### EXERCISE DETAILS
Produce an exact copy of all the records.

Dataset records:
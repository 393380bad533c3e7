-- ===== src/Accounts/Keeps.antt =====
-- What a writer of one field leaves alone, and what it did when it returned.
use mathlib.Core.Option
use email_summary.Prelude.{
  suc, ◌+◌, String, ◌≡◌, refl, Bool, true, not, none, some, List, [], ◌∷◌, arith, str_eq, eq_iff,
  if◌then◌else◌, is_some, select, length, inl, inr, Bool-cases, Option-cases, List-cases,
}
use email_summary.Prelude.Text.{norm}
use email_summary.Accounts.Store.{
  ok, Entry, State, or_text, is_entry, find_entry, edit_first, edit, set_plan_status,
  delete_account,
}

pub find_entry-is_entry :
    (key : String) (entries : List Entry) (e : Entry)
    → find_entry key entries ≡ some e
    → is_entry key e ≡ true
find_entry-is_entry key [] e h = cc
find_entry-is_entry key (x ∷ entries) e h = ground (arith, find_entry-is_entry key entries e)

-- A change that keeps the id is what is found afterwards, and no other address is touched.
module _ (f : Entry → Entry) (keeps_id : (e : Entry) → (f e).id ≡ e.id) where
  pub find_entry-edit_first :
      (key other : String) (entries : List Entry)
      → find_entry other (edit_first key f entries) ≡ (
          if str_eq other key
          then Option.map f (find_entry other entries)
          else find_entry other entries)
  find_entry-edit_first key other [] = ground arith
  find_entry-edit_first key other (e ∷ entries) = elim (Bool-cases (is_entry key e)) [
    | inl hit ↦ rw hit (
        ground
          (arith, keeps_id e, eq_iff other key, eq_iff (norm e.id) key, eq_iff (norm e.id) other))
    | inr miss ↦ rw miss (
        ground (
          arith,
          find_entry-edit_first key other entries,
          eq_iff other key,
          eq_iff (norm e.id) other,
        ))
  ]

pub length-edit_first :
    (f : Entry → Entry) (key : String) (entries : List Entry)
    → length (edit_first key f entries) ≡ length entries
length-edit_first f key [] = refl
length-edit_first f key (e ∷ entries) = ground (arith, length-edit_first f key entries)

-- A plan change that returns: the entry was there, its old plan is the answer, the new plan is
-- written to it, and nothing else is.
pub set_plan_status_parts :
    (account_id status : String) (s s' : State) (prior : String)
    → set_plan_status account_id status s ≡ ok (prior, s')
    → (entries : List Entry) × (entry : Entry) × (s.manifest ≡ some entries)
      × (find_entry (norm account_id) entries ≡ some entry)
      × (prior ≡ or_text entry.plan_status "active")
      × (s'.manifest ≡ some (edit account_id (λ e. record e { plan_status = some status }) entries))
unfolding set_plan_status
set_plan_status_parts account_id status s s' prior h = elim (Option-cases s.manifest) [
  | inl missing ↦ absurd (ground arith)
  | inr (entries, there) ↦ elim (Option-cases (find_entry (norm account_id) entries)) [
    | inl nobody ↦ absurd (ground arith)
    | inr (entry, found) ↦ (entries, entry, there, found, ground arith, ground arith)
  ]
]

-- A plan change that returns answers the plan that the address had, gives the address the new
-- plan, leaves the entry of every other address as it was, and keeps the number of entries.
pub set_plan_status_effect :
    (account_id status : String) (s s' : State) (prior : String)
    → set_plan_status account_id status s ≡ ok (prior, s')
    → (before : List Entry) × (after : List Entry) × (s.manifest ≡ some before)
      × (s'.manifest ≡ some after)
      × ((other : String)
          → find_entry other after ≡ (
              if str_eq other (norm account_id)
              then Option.map
                  (λ (e : Entry). record e { plan_status = some status })
                  (find_entry other before)
              else find_entry other before))
      × (length after ≡ length before)
set_plan_status_effect account_id status s s' prior h =
    let (entries, entry, there, found, same, now) =
      set_plan_status_parts account_id status s s' prior h in
    (
      entries,
      edit account_id (λ e. record e { plan_status = some status }) entries,
      there,
      now,
      (λ other.
          find_entry-edit_first (λ e. record e { plan_status = some status }) (λ e. refl)
            (norm account_id) other entries),
      length-edit_first (λ e. record e { plan_status = some status }) (norm account_id) entries,
    )

find_entry-deleted :
    (key other : String) (entries : List Entry)
    → find_entry other (select (λ e. not (is_entry key e)) entries)
      ≡ (if str_eq other key then none else find_entry other entries)
find_entry-deleted key other [] = ground arith
find_entry-deleted key other (e ∷ entries) = ground (
  arith,
  find_entry-deleted key other entries,
  eq_iff other key,
  eq_iff (norm e.id) key,
  eq_iff (norm e.id) other,
)

select-none :
    (key other : String) (entries : List Entry)
    → select (is_entry key) entries ≡ []
    → (find_entry key entries ≡ none)
      × (find_entry other entries ≡ (if str_eq other key then none else find_entry other entries))
select-none key other [] h = (refl, ground arith)
select-none key other (e ∷ entries) h =
    ground (arith, select-none key other entries, eq_iff other key, eq_iff (norm e.id) key)

select_some :
    (key : String) (x : Entry) (xs entries : List Entry)
    → select (is_entry key) entries ≡ x ∷ xs
    → is_some (find_entry key entries) ≡ true
select_some key x xs [] h = cc
select_some key x xs (e ∷ entries) h = ground (arith, select_some key x xs entries)

-- A deletion that returns leaves no entry of the address and every other one as it was. It answers
-- whether there was one, and writes an audit row only then.
pub delete_account_effect :
    (account_id : String) (s s' : State) (gone : Bool)
    → delete_account account_id s ≡ ok (gone, s')
    → (before : List Entry) × (after : List Entry) × (s.manifest ≡ some before)
      × (s'.manifest ≡ some after)
      × (gone ≡ is_some (find_entry (norm account_id) before))
      × (length s'.log ≡ length s.log + (if gone then 1 else 0))
      × ((other : String)
          → find_entry other after
            ≡ (if str_eq other (norm account_id) then none else find_entry other before))
unfolding delete_account
delete_account_effect account_id s s' gone h = elim (Option-cases s.manifest) [
  | inl missing ↦ absurd (ground arith)
  | inr (entries, there) ↦ elim (List-cases (select (is_entry (norm account_id)) entries)) [
    | inl nobody ↦ (
      entries,
      entries,
      there,
      ground arith,
      ground (arith, select-none (norm account_id) "" entries),
      ground arith,
      (λ other. (select-none (norm account_id) other entries nobody).1),
    )
    | inr (e, es, somebody) ↦ (
      entries,
      select (λ x. not (is_entry (norm account_id) x)) entries,
      there,
      ground arith,
      ground (arith, select_some (norm account_id) e es entries),
      ground arith,
      (λ other. find_entry-deleted (norm account_id) other entries),
    )
  ]
]

pub set_plan_status_log :
    (account_id status : String) (s s' : State) (prior : String)
    → set_plan_status account_id status s ≡ ok (prior, s')
    → length s'.log ≡ suc (length s.log)
unfolding set_plan_status
set_plan_status_log account_id status s s' prior h = elim (Option-cases s.manifest) [
  | inl missing ↦ absurd (ground arith)
  | inr (entries, there) ↦ elim (Option-cases (find_entry (norm account_id) entries)) [
    | inl nobody ↦ absurd (ground arith)
    | inr (entry, found) ↦ ground arith
  ]
]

### TASK OUTPUT
repository 393380bad533c3e7
-- ===== src/Accounts/Keeps.antt =====
-- What a writer of one field leaves alone, and what it did when it returned.
use mathlib.Core.Option
use email_summary.Prelude.{
  suc, ◌+◌, String, ◌≡◌, refl, Bool, true, not, none, some, List, [], ◌∷◌, arith, str_eq, eq_iff,
  if◌then◌else◌, is_some, select, length, inl, inr, Bool-cases, Option-cases, List-cases,
}
use email_summary.Prelude.Text.{norm}
use email_summary.Accounts.Store.{
  ok, Entry, State, or_text, is_entry, find_entry, edit_first, edit, set_plan_status,
  delete_account,
}

pub find_entry-is_entry :
    (key : String) (entries : List Entry) (e : Entry)
    → find_entry key entries ≡ some e
    → is_entry key e ≡ true
find_entry-is_entry key [] e h = cc
find_entry-is_entry key (x ∷ entries) e h = ground (arith, find_entry-is_entry key entries e)

-- A change that keeps the id is what is found afterwards, and no other address is touched.
module _ (f : Entry → Entry) (keeps_id : (e : Entry) → (f e).id ≡ e.id) where
  pub find_entry-edit_first :
      (key other : String) (entries : List Entry)
      → find_entry other (edit_first key f entries) ≡ (
          if str_eq other key
          then Option.map f (find_entry other entries)
          else find_entry other entries)
  find_entry-edit_first key other [] = ground arith
  find_entry-edit_first key other (e ∷ entries) = elim (Bool-cases (is_entry key e)) [
    | inl hit ↦ rw hit (
        ground
          (arith, keeps_id e, eq_iff other key, eq_iff (norm e.id) key, eq_iff (norm e.id) other))
    | inr miss ↦ rw miss (
        ground (
          arith,
          find_entry-edit_first key other entries,
          eq_iff other key,
          eq_iff (norm e.id) other,
        ))
  ]

pub length-edit_first :
    (f : Entry → Entry) (key : String) (entries : List Entry)
    → length (edit_first key f entries) ≡ length entries
length-edit_first f key [] = refl
length-edit_first f key (e ∷ entries) = ground (arith, length-edit_first f key entries)

-- A plan change that returns: the entry was there, its old plan is the answer, the new plan is
-- written to it, and nothing else is.
pub set_plan_status_parts :
    (account_id status : String) (s s' : State) (prior : String)
    → set_plan_status account_id status s ≡ ok (prior, s')
    → (entries : List Entry) × (entry : Entry) × (s.manifest ≡ some entries)
      × (find_entry (norm account_id) entries ≡ some entry)
      × (prior ≡ or_text entry.plan_status "active")
      × (s'.manifest ≡ some (edit account_id (λ e. record e { plan_status = some status }) entries))
unfolding set_plan_status
set_plan_status_parts account_id status s s' prior h = elim (Option-cases s.manifest) [
  | inl missing ↦ absurd (ground arith)
  | inr (entries, there) ↦ elim (Option-cases (find_entry (norm account_id) entries)) [
    | inl nobody ↦ absurd (ground arith)
    | inr (entry, found) ↦ (entries, entry, there, found, ground arith, ground arith)
  ]
]

-- A plan change that returns answers the plan that the address had, gives the address the new
-- plan, leaves the entry of every other address as it was, and keeps the number of entries.
pub set_plan_status_effect :
    (account_id status : String) (s s' : State) (prior : String)
    → set_plan_status account_id status s ≡ ok (prior, s')
    → (before : List Entry) × (after : List Entry) × (s.manifest ≡ some before)
      × (s'.manifest ≡ some after)
      × ((other : String)
          → find_entry other after ≡ (
              if str_eq other (norm account_id)
              then Option.map
                  (λ (e : Entry). record e { plan_status = some status })
                  (find_entry other before)
              else find_entry other before))
      × (length after ≡ length before)
set_plan_status_effect account_id status s s' prior h =
    let (entries, entry, there, found, same, now) =
      set_plan_status_parts account_id status s s' prior h in
    (
      entries,
      edit account_id (λ e. record e { plan_status = some status }) entries,
      there,
      now,
      (λ other.
          find_entry-edit_first (λ e. record e { plan_status = some status }) (λ e. refl)
            (norm account_id) other entries),
      length-edit_first (λ e. record e { plan_status = some status }) (norm account_id) entries,
    )

find_entry-deleted :
    (key other : String) (entries : List Entry)
    → find_entry other (select (λ e. not (is_entry key e)) entries)
      ≡ (if str_eq other key then none else find_entry other entries)
find_entry-deleted key other [] = ground arith
find_entry-deleted key other (e ∷ entries) = ground (
  arith,
  find_entry-deleted key other entries,
  eq_iff other key,
  eq_iff (norm e.id) key,
  eq_iff (norm e.id) other,
)

select-none :
    (key other : String) (entries : List Entry)
    → select (is_entry key) entries ≡ []
    → (find_entry key entries ≡ none)
      × (find_entry other entries ≡ (if str_eq other key then none else find_entry other entries))
select-none key other [] h = (refl, ground arith)
select-none key other (e ∷ entries) h =
    ground (arith, select-none key other entries, eq_iff other key, eq_iff (norm e.id) key)

select_some :
    (key : String) (x : Entry) (xs entries : List Entry)
    → select (is_entry key) entries ≡ x ∷ xs
    → is_some (find_entry key entries) ≡ true
select_some key x xs [] h = cc
select_some key x xs (e ∷ entries) h = ground (arith, select_some key x xs entries)

-- A deletion that returns leaves no entry of the address and every other one as it was. It answers
-- whether there was one, and writes an audit row only then.
pub delete_account_effect :
    (account_id : String) (s s' : State) (gone : Bool)
    → delete_account account_id s ≡ ok (gone, s')
    → (before : List Entry) × (after : List Entry) × (s.manifest ≡ some before)
      × (s'.manifest ≡ some after)
      × (gone ≡ is_some (find_entry (norm account_id) before))
      × (length s'.log ≡ length s.log + (if gone then 1 else 0))
      × ((other : String)
          → find_entry other after
            ≡ (if str_eq other (norm account_id) then none else find_entry other before))
unfolding delete_account
delete_account_effect account_id s s' gone h = elim (Option-cases s.manifest) [
  | inl missing ↦ absurd (ground arith)
  | inr (entries, there) ↦ elim (List-cases (select (is_entry (norm account_id)) entries)) [
    | inl nobody ↦ (
      entries,
      entries,
      there,
      ground arith,
      ground (arith, select-none (norm account_id) "" entries),
      ground arith,
      (λ other. (select-none (norm account_id) other entries nobody).1),
    )
    | inr (e, es, somebody) ↦ (
      entries,
      select (λ x. not (is_entry (norm account_id) x)) entries,
      there,
      ground arith,
      ground (arith, select_some (norm account_id) e es entries),
      ground arith,
      (λ other. find_entry-deleted (norm account_id) other entries),
    )
  ]
]

pub set_plan_status_log :
    (account_id status : String) (s s' : State) (prior : String)
    → set_plan_status account_id status s ≡ ok (prior, s')
    → length s'.log ≡ suc (length s.log)
unfolding set_plan_status
set_plan_status_log account_id status s s' prior h = elim (Option-cases s.manifest) [
  | inl missing ↦ absurd (ground arith)
  | inr (entries, there) ↦ elim (Option-cases (find_entry (norm account_id) entries)) [
    | inl nobody ↦ absurd (ground arith)
    | inr (entry, found) ↦ ground arith
  ]
]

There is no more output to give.